Biobased chemical firms also have identified the oil and gas industry as a potential customer for their products. For example, Elevance Renewable Sciences, which makes vegetable-oil-derived ingredients for cleaning and personal care products, says its Clean 1200 product works well as a solvent in place of hydrocarbons such as benzene.

According to Frederyk Ngantung, head of technical marketing for Elevance, the bioderived cleaner removes paraffin wax deposits that block the flow of oil and gas wells. In addition to delivering performance, he says, it is more environmentally friendly, offering low volatility and flammability and ready biodegradability.

Owing to the current dip in energy prices, it’s difficult to get oil and gas operators to replace familiar chemistry with something new, Solvay’s Pu acknowledges. “Once the market stabilizes, in the next 12 to 24 months, the trend of removing many of the nasty components will accelerate again; it’s a trend that has already started.”

As evidence, Pu points to drillers in some areas of the North Atlantic that operate under stringent chemical restrictions mandated by the Convention for the Protection of the Marine Environment of the North-East Atlantic, or OSPAR, for more than two decades.

In 2010, OSPAR reported that discharges of substances viewed as high priorities for control had been reduced by 90% since 2003, mostly through substitution by less hazardous alternatives.
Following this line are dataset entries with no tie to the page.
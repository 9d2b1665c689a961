-- ===== src/Server/Newest.antt =====
-- Rows ordered by their time, skipped and cut off.
use workflow_automation_plat.Common.{
  ℕ, zero, suc, ◌≡◌, ◌≤◌, refl, ap, ◌∙◌, arith, List, [], ◌∷◌, All, IsIn, take, length, inl, inr,
  Bool-cases, leb,
}
use workflow_automation_plat.Server.Store.{RequestRow}
use workflow_automation_plat.Server.Listing.{insert_newest, newest_first, drop}

abbrev pub IsNewestFirst : List RequestRow → Type 0
IsNewestFirst [] = Unit
IsNewestFirst (r ∷ rows) =
    All (λ (q : RequestRow). q.created_at ≤ r.created_at) rows × IsNewestFirst rows

-- Rows that satisfy a predicate still do when they are ordered, skipped, or cut off.
insert_newest-All :
    (P : RequestRow → Type 0) (r : RequestRow) (rows : List RequestRow)
    → P r
    → All P rows
    → All P (insert_newest r rows)
unfolding insert_newest
insert_newest-All P r [] p h = (p, tt)
insert_newest-All P r (q ∷ rows) p (k, h) = elim (Bool-cases (leb q.created_at r.created_at)) [
  | inl e ↦ rw e (p, (k, h))
  | inr e ↦ rw e (k, insert_newest-All P r rows p h)
]

pub newest_first-All :
    (P : RequestRow → Type 0) (rows : List RequestRow) → All P rows → All P (newest_first rows)
unfolding newest_first
newest_first-All P [] h = tt
newest_first-All P (r ∷ rows) (p, h) =
    insert_newest-All P r (newest_first rows) p (newest_first-All P rows h)

pub drop-All :
    (P : RequestRow → Type 0) (n : ℕ) (rows : List RequestRow) → All P rows → All P (drop n rows)
unfolding drop
drop-All P zero rows h = h
drop-All P (suc n) [] h = tt
drop-All P (suc n) (r ∷ rows) (p, h) = drop-All P n rows h

pub take-All :
    (P : RequestRow → Type 0) (n : ℕ) (rows : List RequestRow) → All P rows → All P (take n rows)
take-All P zero rows h = tt
take-All P (suc n) [] h = tt
take-All P (suc n) (r ∷ rows) (p, h) = (p, take-All P n rows h)

insert_newest-IsNewestFirst :
    (r : RequestRow) (rows : List RequestRow)
    → IsNewestFirst rows
    → IsNewestFirst (insert_newest r rows)
unfolding insert_newest
insert_newest-IsNewestFirst r [] h = (tt, tt)
insert_newest-IsNewestFirst r (q ∷ rows) (p, h) =
    elim (Bool-cases (leb q.created_at r.created_at)) [
      | inl e ↦
          let le : q.created_at ≤ r.created_at = ground arith in
          rw e ((le, All-older rows q.created_at r.created_at le p), (p, h))
      | inr e ↦
          let le : r.created_at ≤ q.created_at = ground arith in
          rw e (
            insert_newest-All (λ x. x.created_at ≤ q.created_at) r rows le p,
            insert_newest-IsNewestFirst r rows h,
          )
    ]
  where
    All-older :
        (xs : List RequestRow) (a b : ℕ)
        → a ≤ b
        → All (λ (x : RequestRow). x.created_at ≤ a) xs
        → All (λ (x : RequestRow). x.created_at ≤ b) xs
    All-older [] a b le k = tt
    All-older (x ∷ xs) a b le (m, k) = (omega arith, All-older xs a b le k)

pub newest_first-IsNewestFirst : (rows : List RequestRow) → IsNewestFirst (newest_first rows)
unfolding newest_first
newest_first-IsNewestFirst [] = tt
newest_first-IsNewestFirst (r ∷ rows) =
    insert_newest-IsNewestFirst r (newest_first rows) (newest_first-IsNewestFirst rows)

pub drop-IsNewestFirst :
    (n : ℕ) (rows : List RequestRow) → IsNewestFirst rows → IsNewestFirst (drop n rows)
unfolding drop
drop-IsNewestFirst zero rows h = h
drop-IsNewestFirst (suc n) [] h = tt
drop-IsNewestFirst (suc n) (r ∷ rows) (p, h) = drop-IsNewestFirst n rows h

pub take-IsNewestFirst :
    (n : ℕ) (rows : List RequestRow) → IsNewestFirst rows → IsNewestFirst (take n rows)
take-IsNewestFirst zero rows h = tt
take-IsNewestFirst (suc n) [] h = tt
take-IsNewestFirst (suc n) (r ∷ rows) (p, h) = (take-All _ n rows p, take-IsNewestFirst n rows h)

pub length-take : (n : ℕ) (rows : List RequestRow) → length (take n rows) ≤ n
length-take zero rows = omega arith
length-take (suc n) [] = omega arith
length-take (suc n) (r ∷ rows) = omega (arith, length-take n rows)

insert_newest-IsIn :
    (r q : RequestRow) (rows : List RequestRow) → IsIn q (r ∷ rows) → IsIn q (insert_newest r rows)
unfolding insert_newest
insert_newest-IsIn r q [] h = h
insert_newest-IsIn r q (x ∷ rows) h = elim (Bool-cases (leb x.created_at r.created_at)) [
  | inl e ↦ rw e h
  | inr e ↦ rw e (elim h [
    | inl p ↦ inr (insert_newest-IsIn r q rows (inl p))
    | inr (inl p) ↦ inl p
    | inr (inr k) ↦ inr (insert_newest-IsIn r q rows (inr k))
  ])
]

-- Ordering loses no row.
pub newest_first-IsIn :
    (q : RequestRow) (rows : List RequestRow) → IsIn q rows → IsIn q (newest_first rows)
unfolding newest_first
newest_first-IsIn q [] h = h
newest_first-IsIn q (r ∷ rows) (inl p) = insert_newest-IsIn r q (newest_first rows) (inl p)
newest_first-IsIn q (r ∷ rows) (inr h) =
    insert_newest-IsIn r q (newest_first rows) (inr (newest_first-IsIn q rows h))

length-insert_newest :
    (r : RequestRow) (rows : List RequestRow) → length (insert_newest r rows) ≡ suc (length rows)
unfolding insert_newest
length-insert_newest r [] = refl
length-insert_newest r (x ∷ rows) = elim (Bool-cases (leb x.created_at r.created_at)) [
  | inl e ↦ rw e refl
  | inr e ↦ rw e (ap suc (length-insert_newest r rows))
]

pub length-newest_first : (rows : List RequestRow) → length (newest_first rows) ≡ length rows
unfolding newest_first
length-newest_first [] = refl
length-newest_first (r ∷ rows) =
    length-insert_newest r (newest_first rows) ∙ ap suc (length-newest_first rows)

pub take_whole : (n : ℕ) (rows : List RequestRow) → length rows ≤ n → take n rows ≡ rows
take_whole zero [] h = refl
take_whole zero (r ∷ rows) h = absurd (omega arith)
take_whole (suc n) [] h = refl
take_whole (suc n) (r ∷ rows) h = ap (λ xs. r ∷ xs) (take_whole n rows (omega arith))
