-- ===== src/Server/Ledger.antt =====
-- What the listing endpoints answer, and what the pages can make of it.
use workflow_automation_plat.Common.{
  subst, ℕ, ◌≡◌, ◌≢◌, ◌≤◌, refl, sym, ap, ◌∙◌, arith, String, Bool, true, false, Option, none, some,
  List, [], ◌∷◌, All, All-IsIn, All-from, IsIn, find, keep, keep-mem, take, length, inl, inr,
  str_eq, eq_iff, ◌&&◌,
}
use mathlib.Core.Bool.{false≢true}
use mathlib.Core.Option.{some-injective, none-ne-some}
use workflow_automation_plat.Js.{Host}
use workflow_automation_plat.Ui.{Offers}
use workflow_automation_plat.Timeline.{StepInfo}
use workflow_automation_plat.Request.{RequestInfo, State, process, request_loaded}
use workflow_automation_plat.Request.View.{view}
use workflow_automation_plat.Request.Console.{Offers-IsAllowed}
use workflow_automation_plat.Lifecycle.{RequestStatus, in_progress, completed, same_value}
use workflow_automation_plat.Engine.Conditions.{Python}
use workflow_automation_plat.Engine.Process.{Instance}
use workflow_automation_plat.Server.Store.{RequestRow, Db, get_request}
use workflow_automation_plat.Server.Listing.{
  status_named, has_status, has_requester, newest_first, drop, read_requests, request_info,
  read_request,
}
use workflow_automation_plat.Server.Kept.{IsKept}
use workflow_automation_plat.Server.Invariant.{Reaches, Reaches-AllKept}
use workflow_automation_plat.Server.Newest.{
  IsNewestFirst, newest_first-All, drop-All, take-All, newest_first-IsNewestFirst,
  drop-IsNewestFirst, take-IsNewestFirst, length-take, newest_first-IsIn, length-newest_first,
  take_whole,
}

keep-All :
    (p : RequestRow → Bool) (rows : List RequestRow)
    → All (λ r. IsIn r rows × (p r ≡ true)) (keep p rows)
keep-All p rows = All-from _ (keep p rows) (λ r h. (keep-mem p r rows).0 h)

-- The list has at most `limit` requests, the newest first, and each is a request of the database
-- that both filters let through, where a filter that is missing, empty or unknown lets all through.
-- If none is skipped and there are not more than `limit` such requests, it has all of them.
pub read_requests_lem :
    (py : Python) (as_uuid : String → Option String) (skip limit : ℕ)
    (status requester : Option String) (db : Db)
    → let rows = read_requests py as_uuid skip limit status requester db in
      (length rows ≤ limit)
      × IsNewestFirst rows
      × All
          (λ (r : RequestRow).
            IsIn r db.requests
            × ((has_status py status r && has_requester as_uuid requester r) ≡ true))
          rows
      × (skip ≡ 0
          → length
              (keep (λ r. has_status py status r && has_requester as_uuid requester r) db.requests)
            ≤ limit
          → (r : RequestRow) → IsIn r db.requests
          → (has_status py status r && has_requester as_uuid requester r) ≡ true
          → IsIn r rows)
unfolding read_requests
read_requests_lem py as_uuid skip limit status requester db =
    let test = λ (r : RequestRow). has_status py status r && has_requester as_uuid requester r in
    let kept = keep test db.requests in
    (
      length-take limit (drop skip (newest_first kept)),
      take-IsNewestFirst limit _ (drop-IsNewestFirst skip _ (newest_first-IsNewestFirst kept)),
      take-All _ limit _ (drop-All _ skip _ (newest_first-All _ kept (keep-All test db.requests))),
      λ e le r i p.
          let whole : take limit (newest_first kept) ≡ newest_first kept =
            take_whole limit (newest_first kept)
              (subst (λ n. n ≤ limit) (sym (length-newest_first kept)) le) in
          subst (λ n. IsIn r (take limit (drop n (newest_first kept)))) (sym e)
            (subst (IsIn r) (sym whole)
              (newest_first-IsIn r kept ((keep-mem test r db.requests).1 (i, p)))),
    )

-- The statuses in which a request never rests.
abbrev pub IsPassing : RequestStatus → Type 0
IsPassing st = (st ≢ in_progress) × (st ≢ completed)

All-imp :
    (P Q : RequestRow → Type 0) (rows : List RequestRow)
    → ((r : RequestRow) → P r → Q r)
    → All P rows
    → All Q rows
All-imp P Q [] f h = tt
All-imp P Q (r ∷ rows) f (p, h) = (f r p, All-imp P Q rows f h)

no_rows : (rows : List RequestRow) → All (λ r. ⊥) rows → rows ≡ []
no_rows [] h = refl
no_rows (r ∷ rows) (p, h) = absurd p

same_in_progress : (st : RequestStatus) → same_value in_progress st ≡ true → st ≡ in_progress
same_in_progress in_progress e = refl
same_in_progress st e = absurd (false≢true e)

same_completed : (st : RequestStatus) → same_value completed st ≡ true → st ≡ completed
same_completed completed e = refl
same_completed st e = absurd (false≢true e)

not_passing :
    (i : Instance) (st : RequestStatus)
    → IsKept i
    → IsPassing st
    → same_value i.status st ≡ true
    → ⊥
not_passing i st ((t, inl (s, _)), w) (n, m) e = n (same_in_progress st (rw s at e))
not_passing i st ((t, inr (s, _, _)), w) (n, m) e = m (same_completed st (rw s at e))

filtered :
    (py : Python) (s : String) (st : RequestStatus) (r : RequestRow) (b : Bool)
    → s ≢ ""
    → status_named (py.upper s) ≡ some st
    → (has_status py (some s) r && b) ≡ true
    → same_value r.state.status st ≡ true
filtered py s st r b n e h =
    let full : str_eq s "" ≡ false = ground (arith, eq_iff s "") in
    let k : (same_value r.state.status st && b) ≡ true = rw (full, e) at h in ground arith

-- Whatever the endpoints and the monitor did before, the filter by any status but IN_PROGRESS and
-- COMPLETED, such as the choices REJECTED and ESCALATED of the ledger page, gives no request.
pub read_requests-passing :
    (py : Python) (as_uuid : String → Option String) (skip limit : ℕ) (s : String)
    (requester : Option String) (st : RequestStatus) {db : Db}
    → Reaches py db
    → s ≢ ""
    → status_named (py.upper s) ≡ some st
    → IsPassing st
    → read_requests py as_uuid skip limit (some s) requester db ≡ []
read_requests-passing py as_uuid skip limit s requester st {db} reached n e p =
    let rows = read_requests py as_uuid skip limit (some s) requester db in
    no_rows rows (
      All-imp _ (λ r. ⊥) rows
        (λ r (i, h).
          not_passing r.state st
            (All-IsIn (λ (q : RequestRow). IsKept q.state) db.requests r
              (Reaches-AllKept py reached) i)
            p (filtered py s st r (has_requester as_uuid requester r) n e h))
        (read_requests_lem py as_uuid skip limit (some s) requester db).2)

answer-steps :
    (word : ℕ → String) (info : RequestInfo) (o : Option RequestRow)
    → (elim o as (λ _. Option RequestInfo) [ none ↦ none | some r ↦ some (request_info word r) ])
      ≡ some info
    → info.steps ≡ []
unfolding request_info
answer-steps word info none e = absurd (none-ne-some _ e)
answer-steps word info (some r) e = ap (λ (i : RequestInfo). i.steps) (sym (some-injective _ _ e))

-- Whatever request the endpoint answers, in whichever state of the page it arrives, the console of
-- the request page then offers no submission: the answer has no steps, whatever the request has.
pub read_request-locked :
    (host : Host) (format : ℕ → String) (now : ℕ) (word : ℕ → String) (id : ℕ) (db : Db)
    (info : RequestInfo) (s : State)
    → read_request word id db ≡ some info
    → ¬ Offers (view host format now (request_loaded (some info) s)) process
unfolding read_request request_info request_loaded
read_request-locked host format now word id db info s e h =
    let (_, (r, f, (step, c))) =
      Offers-IsAllowed host format now (request_loaded (some info) s) process h in
    let same : info ≡ r = some-injective _ _ f in
    let bare : r.steps ≡ [] =
      ap (λ (i : RequestInfo). i.steps) (sym same)
      ∙ answer-steps word info (get_request id db.requests) e in
    none-ne-some _ (sym (ap (find (λ (x : StepInfo). str_eq x.status "PENDING")) bare) ∙ c)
In the North Atlantic and in other oil and gas regions, exploration and production firms have drastically cut back on drilling new wells. “There will be pressure on operators to get a lot more production on the wells they have or are going to drill,” Innospec’s Watt says.

That could turn out well for firms that have the chemical expertise to help operators contain costs and limit environmental impact while optimizing their output. “You can have your cake and eat it too,” Durham says, “but you need to have someone knowledgeable to get you there.”